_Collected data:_
⟨

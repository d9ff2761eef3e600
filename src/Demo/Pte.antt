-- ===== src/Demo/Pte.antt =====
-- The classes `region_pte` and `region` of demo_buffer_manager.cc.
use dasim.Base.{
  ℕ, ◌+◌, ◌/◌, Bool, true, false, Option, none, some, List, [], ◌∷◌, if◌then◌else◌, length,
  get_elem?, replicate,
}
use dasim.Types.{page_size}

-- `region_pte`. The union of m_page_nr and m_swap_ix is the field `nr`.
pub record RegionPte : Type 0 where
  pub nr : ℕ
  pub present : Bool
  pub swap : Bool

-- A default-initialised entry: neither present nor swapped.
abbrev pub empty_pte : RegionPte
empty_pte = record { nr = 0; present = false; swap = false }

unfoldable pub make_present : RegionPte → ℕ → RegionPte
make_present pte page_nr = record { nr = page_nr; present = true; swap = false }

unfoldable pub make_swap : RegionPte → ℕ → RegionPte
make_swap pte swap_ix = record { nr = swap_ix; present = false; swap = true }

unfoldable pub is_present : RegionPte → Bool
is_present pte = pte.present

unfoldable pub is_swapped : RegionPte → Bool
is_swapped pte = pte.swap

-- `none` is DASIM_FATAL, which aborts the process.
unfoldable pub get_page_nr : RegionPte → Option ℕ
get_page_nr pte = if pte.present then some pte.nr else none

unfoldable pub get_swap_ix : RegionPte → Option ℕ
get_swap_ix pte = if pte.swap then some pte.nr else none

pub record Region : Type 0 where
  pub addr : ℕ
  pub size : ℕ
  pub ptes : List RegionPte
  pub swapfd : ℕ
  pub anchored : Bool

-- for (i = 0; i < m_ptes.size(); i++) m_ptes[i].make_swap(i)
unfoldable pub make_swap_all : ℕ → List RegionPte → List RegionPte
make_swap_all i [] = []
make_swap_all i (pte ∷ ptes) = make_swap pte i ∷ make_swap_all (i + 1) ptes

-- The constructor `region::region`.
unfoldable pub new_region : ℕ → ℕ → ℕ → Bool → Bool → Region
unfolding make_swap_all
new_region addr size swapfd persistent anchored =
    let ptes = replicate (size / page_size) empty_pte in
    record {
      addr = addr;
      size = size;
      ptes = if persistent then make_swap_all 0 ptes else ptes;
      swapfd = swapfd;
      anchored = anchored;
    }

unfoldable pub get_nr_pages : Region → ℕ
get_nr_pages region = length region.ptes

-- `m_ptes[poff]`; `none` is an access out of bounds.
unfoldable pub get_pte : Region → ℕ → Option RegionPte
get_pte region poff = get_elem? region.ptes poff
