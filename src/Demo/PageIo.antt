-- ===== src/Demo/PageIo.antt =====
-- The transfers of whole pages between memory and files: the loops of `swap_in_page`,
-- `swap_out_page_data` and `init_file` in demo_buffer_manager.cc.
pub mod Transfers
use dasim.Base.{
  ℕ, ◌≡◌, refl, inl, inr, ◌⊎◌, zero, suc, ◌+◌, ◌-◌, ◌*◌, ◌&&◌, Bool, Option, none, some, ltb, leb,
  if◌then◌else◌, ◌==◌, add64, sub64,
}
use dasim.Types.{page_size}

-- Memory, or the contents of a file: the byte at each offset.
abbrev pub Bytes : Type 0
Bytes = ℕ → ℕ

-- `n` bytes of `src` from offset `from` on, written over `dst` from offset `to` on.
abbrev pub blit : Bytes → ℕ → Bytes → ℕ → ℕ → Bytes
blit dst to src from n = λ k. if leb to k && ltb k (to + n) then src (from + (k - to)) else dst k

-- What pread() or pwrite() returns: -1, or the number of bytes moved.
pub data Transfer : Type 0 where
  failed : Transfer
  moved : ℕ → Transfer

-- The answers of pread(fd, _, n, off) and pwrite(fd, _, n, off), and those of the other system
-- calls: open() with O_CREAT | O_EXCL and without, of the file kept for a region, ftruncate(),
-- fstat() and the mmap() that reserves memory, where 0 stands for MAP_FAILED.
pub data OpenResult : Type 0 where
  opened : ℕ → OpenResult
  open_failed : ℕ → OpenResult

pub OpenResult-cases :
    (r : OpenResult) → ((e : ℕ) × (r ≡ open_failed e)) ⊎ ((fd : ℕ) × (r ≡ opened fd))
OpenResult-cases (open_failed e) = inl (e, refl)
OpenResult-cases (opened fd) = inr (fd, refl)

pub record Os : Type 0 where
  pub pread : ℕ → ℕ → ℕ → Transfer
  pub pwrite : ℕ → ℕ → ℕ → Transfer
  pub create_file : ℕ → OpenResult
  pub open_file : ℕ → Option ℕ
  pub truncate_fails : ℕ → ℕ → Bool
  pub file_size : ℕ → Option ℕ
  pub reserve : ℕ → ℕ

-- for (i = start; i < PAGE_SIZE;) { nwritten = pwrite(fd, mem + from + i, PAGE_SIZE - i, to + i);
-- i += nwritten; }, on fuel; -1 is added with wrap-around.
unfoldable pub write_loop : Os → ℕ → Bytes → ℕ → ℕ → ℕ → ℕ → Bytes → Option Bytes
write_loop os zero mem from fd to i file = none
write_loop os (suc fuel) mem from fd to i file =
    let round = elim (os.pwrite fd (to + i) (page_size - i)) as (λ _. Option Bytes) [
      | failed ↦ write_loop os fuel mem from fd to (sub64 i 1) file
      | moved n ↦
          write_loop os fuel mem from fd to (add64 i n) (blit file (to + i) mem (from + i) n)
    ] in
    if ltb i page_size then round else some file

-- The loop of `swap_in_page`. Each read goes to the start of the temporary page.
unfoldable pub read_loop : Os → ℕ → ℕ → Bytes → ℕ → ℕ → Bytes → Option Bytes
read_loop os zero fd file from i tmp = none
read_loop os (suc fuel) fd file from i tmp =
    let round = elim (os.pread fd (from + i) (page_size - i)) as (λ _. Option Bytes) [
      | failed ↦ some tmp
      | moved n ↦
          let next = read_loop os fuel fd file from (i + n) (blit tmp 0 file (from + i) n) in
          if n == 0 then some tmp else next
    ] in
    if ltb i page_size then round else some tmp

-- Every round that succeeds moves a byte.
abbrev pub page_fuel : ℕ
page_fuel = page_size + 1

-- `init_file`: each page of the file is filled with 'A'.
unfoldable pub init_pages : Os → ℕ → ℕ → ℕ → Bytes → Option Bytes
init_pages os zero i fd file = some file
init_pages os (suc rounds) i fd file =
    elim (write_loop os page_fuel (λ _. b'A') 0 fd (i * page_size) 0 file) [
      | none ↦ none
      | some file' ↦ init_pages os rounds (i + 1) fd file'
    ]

⟩

_Problem requirements:_
With "moved" as the search word, count the matching lines in the records and give the number alone.

_Exercise solution:_
4